Tried to capture this in figure 1, but I agree it's a bit confusing.
Yeah, good point. I guess the truer thing here is 'whether or not this is the safest path, important actors seem likely to act as though it is'. Those actors probably have more direct control over timelines than takeoff speed, so I do think that this fact is informative about what sort of world we're likely to live in - but agree that no one can just choose slow takeoff straightforwardly.
Could you say a bit more about the way ICF is a special case of IFS? I think I disagree, but also think that it would be interesting to have this view spelled out.
Thanks for spotting these; I've made the changes!
My take on the question
I’m worried this misses nuance, but I basically look at all of this in the following way:
- Turns out the world might be really weird
- This means you want people to do weird things with their brains too
- You teach them skills to do weird stuff with their brains
- When people are playing around with these skills, they sometimes do unintended weird stuff which is very bad for them
And then the question is, what are the safety rails here/are there differential ways of teaching people to do weird stuff with their brains.
Some of my experience with disorientation:
- I initially found out about EA from my partner, who had recently found out about it and was excited and not overly subtle in his application of the ideas. Eventually I got argued into a place where it appeared to me I had to either bite bullets I didn’t want to (e.g. ‘no, I don’t care that more children will die of malaria if I do x’) or admit defeat. It didn’t occur to me that I could just say ‘hmm, I don’t know why I still don’t feel happy with this, but I don’t. So I’m not going to change my mind just yet’. I admitted defeat, and did a bunch of EA stuff in a kind of ‘I suppose I should eat my carrots’ way (like doing a job I really didn’t like and spending lots of my other hours on community building for a thing I wasn’t actually excited about).
- The thing that snapped me out of that wasn’t CFAR, it was reading a novel (D.H. Lawrence’s Women in Love), which filled me with a sense that life was too short to be miserable and I should do what I wanted. I did other things for a while.
- CFAR then indirectly helped me make peace with the fact that part of what I want is to make the actual world better, and now I work on long-termist stuff.
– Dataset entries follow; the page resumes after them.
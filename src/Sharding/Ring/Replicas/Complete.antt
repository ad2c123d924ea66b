-- ===== src/Sharding/Ring/Replicas/Complete.antt =====
-- `GetReplicas` ends, and gives as many different nodes as were asked for, or all.
use titan_distributed_kv.Common.{
  ℕ, zero, suc, ◌+◌, ◌-◌, ◌%◌, ◌*◌, ◌<◌, ◌≤◌, ◌≡◌, refl, sym, ap, ◌∙◌, inl, inr, List, [], ◌∷◌, map,
  Bytes, bytes_key, some, length, get_elem?, Has-index, arith, Bool-cases,
}
use native.Mathlib.Nat.{suc-mul}
use titan_distributed_kv.Common.Int.{pos}
use titan_distributed_kv.Common.Errors.{Result, ok}
use titan_distributed_kv.Common.Maps
use titan_distributed_kv.Common.Maps.{NodupKeys, IsVisit, lookup-nil, lookup-cons}
use titan_distributed_kv.Sharding.Ring.{
  NodeInfo, Nodes, HashRing, hash_node, has_key, find_node, first_index, get_node,
}
use titan_distributed_kv.Sharding.Ring.Points.{Point-lookup, IsRing}
use titan_distributed_kv.Sharding.Ring.Nearest.{first_index-IsNearest}
use titan_distributed_kv.Sharding.Ring.Owner.{
  replica-has_key, find_node-Point, get_node-found, lookup-length,
}
use titan_distributed_kv.Sharding.Ring.Part.{get_node_nonempty}
use titan_distributed_kv.Sharding.Ring.Replicas.Chosen.{choose-IsChosen}
use titan_distributed_kv.Sharding.Ring.Replicas.{
  at_most, enough_rounds, find_unseen, replicas_loop, get_count, values, get_replicas,
}
use titan_distributed_kv.Sharding.Ring.Replicas.Loop

-- Some of the nodes of a ring, each once, in the order in which they were chosen.
pub record IsReplicas (nodes : Nodes) (count : ℕ) (result : Result (List NodeInfo)) : Type 0 where
  pub chosen : Nodes
  pub returned : result ≡ ok (map (λ e. e.1) chosen)
  pub distinct : NodupKeys chosen
  pub members :
      (id : Bytes) (info : NodeInfo)
      → Maps.lookup id chosen ≡ some info
      → Maps.lookup id nodes ≡ some info
  pub filled : length chosen ≡ count

at_most-le : (limit n : ℕ) → at_most limit n ≤ limit
at_most-le limit n = ground arith

get_elem?-bound : (xs : List ℕ) (i x : ℕ) → get_elem? xs i ≡ some x → i < length xs
get_elem?-bound [] i x e = absurd (cc (e))
get_elem?-bound (y ∷ xs) zero x e = omega arith
get_elem?-bound (y ∷ xs) (suc i) x e = omega (arith, get_elem?-bound xs i x e)

module _ (sum256 : Bytes → Bytes) (range : ℕ → Nodes → Nodes) (visit : (k : ℕ) → IsVisit (range k))
    (key : Bytes) (r : HashRing) (ring : IsRing sum256 r) where
  some_points :
      (id : Bytes) (info : NodeInfo) → Maps.lookup id r.nodes ≡ some info → 0 < length r.sorted_keys
  some_points id info member =
      let has = (ring.points (hash_node sum256 id 0)).1 (record {
        owner = id;
        info = info;
        replica = 0;
        member = member;
        in_range = ring.some_replicas;
        hash = refl;
      }) in
      let (i, lt, e) = Has-index r.sorted_keys (hash_node sum256 id 0) has in omega arith

  -- At the first index stands a point of a node.
  start :
      (n : ℕ) (small : n ≤ length r.nodes)
      → 0 < length r.sorted_keys
      → (first_index sum256 key r.sorted_keys < length r.sorted_keys)
        × Loop.Ahead sum256 range visit key r ring n small
            (first_index sum256 key r.sorted_keys)
            []
            0
  start n small some_keys =
      let (p, at, nearest) = first_index-IsNearest sum256 key r.sorted_keys ring.sorted some_keys in
      let lt = get_elem?-bound r.sorted_keys (first_index sum256 key r.sorted_keys) p at in
      let q = (ring.points p).0 nearest.here in
      (
        lt,
        record {
          id = q.owner;
          info = q.info;
          target = p;
          j = first_index sum256 key r.sorted_keys;
          member = q.member;
          out = lookup-nil {V = NodeInfo} q.owner;
          owns = replica-has_key sum256 q.owner p 0 r.replicas q.replica q.in_range (
              ap (hash_node sum256 q.owner) {x = 0 + q.replica} {y = q.replica} (omega arith)
              ∙ q.hash);
          at = at;
          distance = (lt, inl (omega arith));
        },
      )

  counted :
      (n : ℕ) (small : n ≤ length r.nodes)
      → 0 < length r.sorted_keys
      → Loop.Fills sum256 range visit key r ring n small [] (
          replicas_loop sum256 range key r n
            (enough_rounds n r)
            0
            (first_index sum256 key r.sorted_keys)
            [])
  counted zero small some_keys =
      Loop.loop-full sum256 range visit key r ring 0 small (enough_rounds 0 r) 0
        (first_index sum256 key r.sorted_keys) [] (omega arith)
        (record {
          distinct = tt;
          members = λ id info e. absurd (cc (lookup-nil {V = NodeInfo} id, e));
        })
        refl
  counted (suc k) small some_keys =
      let (lt, a) = start (suc k) small some_keys in
      Loop.loop-Fills sum256 range visit key r ring (suc k) small (enough_rounds (suc k) r) 0
        (first_index sum256 key r.sorted_keys) [] k 0 lt
        (record {
          distinct = tt;
          members = λ id info e. absurd (cc (lookup-nil {V = NodeInfo} id, e));
        })
        (omega arith) (omega arith) a (inr refl) (omega (arith, suc-mul k (length r.sorted_keys)))

  get_replicas-count :
      (n : ℕ) (chosen : Nodes)
      → 0 < length r.nodes
      → replicas_loop sum256 range key r
          (at_most (length r.nodes) n)
          (enough_rounds (at_most (length r.nodes) n) r)
          0
          (first_index sum256 key r.sorted_keys)
          []
        ≡ ok chosen
      → get_replicas sum256 range key (pos n) r ≡ ok (map (λ e. e.1) chosen)
  unfolding get_replicas get_count values
  get_replicas-count n chosen some_nodes e = ground (arith, e)

  -- On a ring with a node, in whatever order each round visits the nodes, `GetReplicas` of a count that is
  -- not negative ends with a list of different nodes of the ring: as many as the count says, or all nodes
  -- where the ring has fewer.
  pub get_replicas-IsReplicas :
      (n : ℕ) (id : Bytes) (some_info : NodeInfo)
      → Maps.lookup id r.nodes ≡ some some_info
      → IsReplicas r.nodes (at_most (length r.nodes) n) (get_replicas sum256 range key (pos n) r)
  get_replicas-IsReplicas n id some_info member =
      let f =
        counted (at_most (length r.nodes) n) (at_most-le (length r.nodes) n)
          (some_points id some_info member) in
      record {
        chosen = f.rest;
        returned =
            get_replicas-count n f.rest (lookup-length r.nodes id some_info member) f.returned;
        distinct = f.is_chosen.distinct;
        members = f.is_chosen.members;
        filled = f.filled;
      }

  find_unseen_first :
      (p : ℕ) (nodes : Nodes) (info : NodeInfo)
      → find_node sum256 r.replicas p nodes ≡ some info
      → (id : Bytes) × (find_unseen sum256 r.replicas p [] nodes ≡ some (id, info))
  unfolding find_node find_unseen
  find_unseen_first p [] info e = absurd (cc (e))
  find_unseen_first p ((id, i) ∷ nodes) info e =
      elim (Bool-cases (has_key sum256 id p 0 r.replicas)) [
        | inl here ↦ (id, ground (arith, lookup-nil {V = NodeInfo} id))
        | inr away ↦
            let (j, later) = find_unseen_first p nodes info (ground arith) in
            (j, ground (arith, later))
      ]

  -- The first round takes the node that `GetNode` finds.
  first_round :
      (id : Bytes) (i info : NodeInfo)
      → Maps.lookup id r.nodes ≡ some i
      → get_node sum256 (range 0) key r ≡ ok info
      → (p : ℕ) × (owner : Bytes) × (get_elem? r.sorted_keys (first_index sum256 key r.sorted_keys)
          ≡ some p)
        × (find_unseen sum256 r.replicas p [] (range 0 r.nodes) ≡ some (owner, info))
  first_round id i info member e =
      let (p, at, nearest) =
        first_index-IsNearest sum256 key r.sorted_keys ring.sorted (some_points id i member) in
      let visited =
        Point-lookup sum256 r.replicas r.nodes (range 0 r.nodes) p
          (λ j. sym ((visit 0).lookup-range r.nodes j)) ((ring.points p).0 nearest.here) in
      let (q, found) =
        find_node-Point sum256 r.replicas (range 0 r.nodes) p
          ((visit 0).range-NodupKeys r.nodes ring.nodup) visited in
      let same_info : q.info ≡ info = cc (
        get_node-found sum256 (range 0) key r p q.info (lookup-length r.nodes id i member) at found,
        e,
      ) in
      let (owner, first) = find_unseen_first p (range 0 r.nodes) info (found ∙ ap some same_info) in
      (p, owner, at, first)

  filled_from :
      (c : ℕ) (small : c ≤ length r.nodes) (p : ℕ) (owner : Bytes) (info : NodeInfo)
      → 0 < c
      → get_elem? r.sorted_keys (first_index sum256 key r.sorted_keys) ≡ some p
      → find_unseen sum256 r.replicas p [] (range 0 r.nodes) ≡ some (owner, info)
      → (rest : Nodes) × (replicas_loop sum256 range key r c
            (enough_rounds c r)
            0
            (first_index sum256 key r.sorted_keys)
            []
          ≡ ok ((owner, info) ∷ rest))
  filled_from c small p owner info some_wanted at first =
      let fuel = c * length r.sorted_keys in
      let idx = first_index sum256 key r.sorted_keys in
      let lt = get_elem?-bound r.sorted_keys idx p at in
      let (member, out) =
        Loop.unseen_member sum256 range visit key r ring c small 0 p [] owner info first in
      let f =
        Loop.loop-took sum256 range visit key r ring c small fuel 1
          ((idx + 1) % length r.sorted_keys) ((owner, info) ∷ []) (c - 1)
          (Loop.loop-Fills sum256 range visit key r ring c small fuel)
          (Loop.next_index-lt sum256 range visit key r ring c small idx lt)
          (choose-IsChosen r.nodes [] owner info
            (record {
              distinct = tt;
              members = λ id i e. absurd (cc (lookup-nil {V = NodeInfo} id, e));
            })
            member out)
          (omega arith) (omega arith)
          (omega (
            arith,
            suc-mul (c - 1) (length r.sorted_keys),
            ap (λ (t : ℕ). t * length r.sorted_keys) {x = c} {y = suc (c - 1)} (omega arith),
          )) in
      (
        f.rest,
        Loop.loop-step sum256 range visit key r ring c small fuel 0 idx p [] some_wanted at
            ∙ Loop.round_took sum256 range visit key r ring c small
                (replicas_loop sum256 range key r c fuel) 0 idx p [] owner info first
            ∙ f.returned,
      )

  -- On a ring, the first of the replicas of a key is the node that `GetNode` gives for it, when both take the
  -- nodes in the order of the first round.
  pub get_replicas-get_node :
      (n : ℕ) (info : NodeInfo)
      → get_node sum256 (range 0) key r ≡ ok info
      → (rest : List NodeInfo) × (get_replicas sum256 range key (pos (suc n)) r ≡ ok (info ∷ rest))
  get_replicas-get_node n info e =
      let (id, i, member) = get_node_nonempty sum256 (range 0) key r info r.nodes refl e in
      let (p, owner, at, first) = first_round id i info member e in
      let some_nodes = lookup-length r.nodes id i member in
      let (rest, returned) =
        filled_from (at_most (length r.nodes) (suc n)) (at_most-le (length r.nodes) (suc n)) p owner
          info (ground arith) at first in
      (map (λ e. e.1) rest, get_replicas-count (suc n) ((owner, info) ∷ rest) some_nodes returned)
- My more recent experience of these things was quite deliberately trying to take my work and myself more seriously - recognising that for the most part I was just messing around and trying to try. I knew that taking things more seriously was risky, and I thought that knowing this would be sufficient. But it totally wasn’t, and I made myself very unhappy and stressed and exhausted, before pulling up in an experience that felt very similar to reading Women in Love, but didn’t involve an actual book.
- Following this, I once again stopped caring about this stuff for a while (and just pitched up to my job 9 to 5 like a normal person). Now I’m starting to be able to care a bit again, and we’ll see.
My guess is that if I had pushed a bit harder in either of the disorientation phases, I would have done myself substantially more damage, and it was good that I threw in the towel early, and just went off to do other things.
I also think that liking novels and poetry was a big aesthetic reason that I didn't want to be around the EA/safety crowd, and I'm really glad that this tension didn't lead to me stopping to read, given how useful reading random novels turned out to be for me.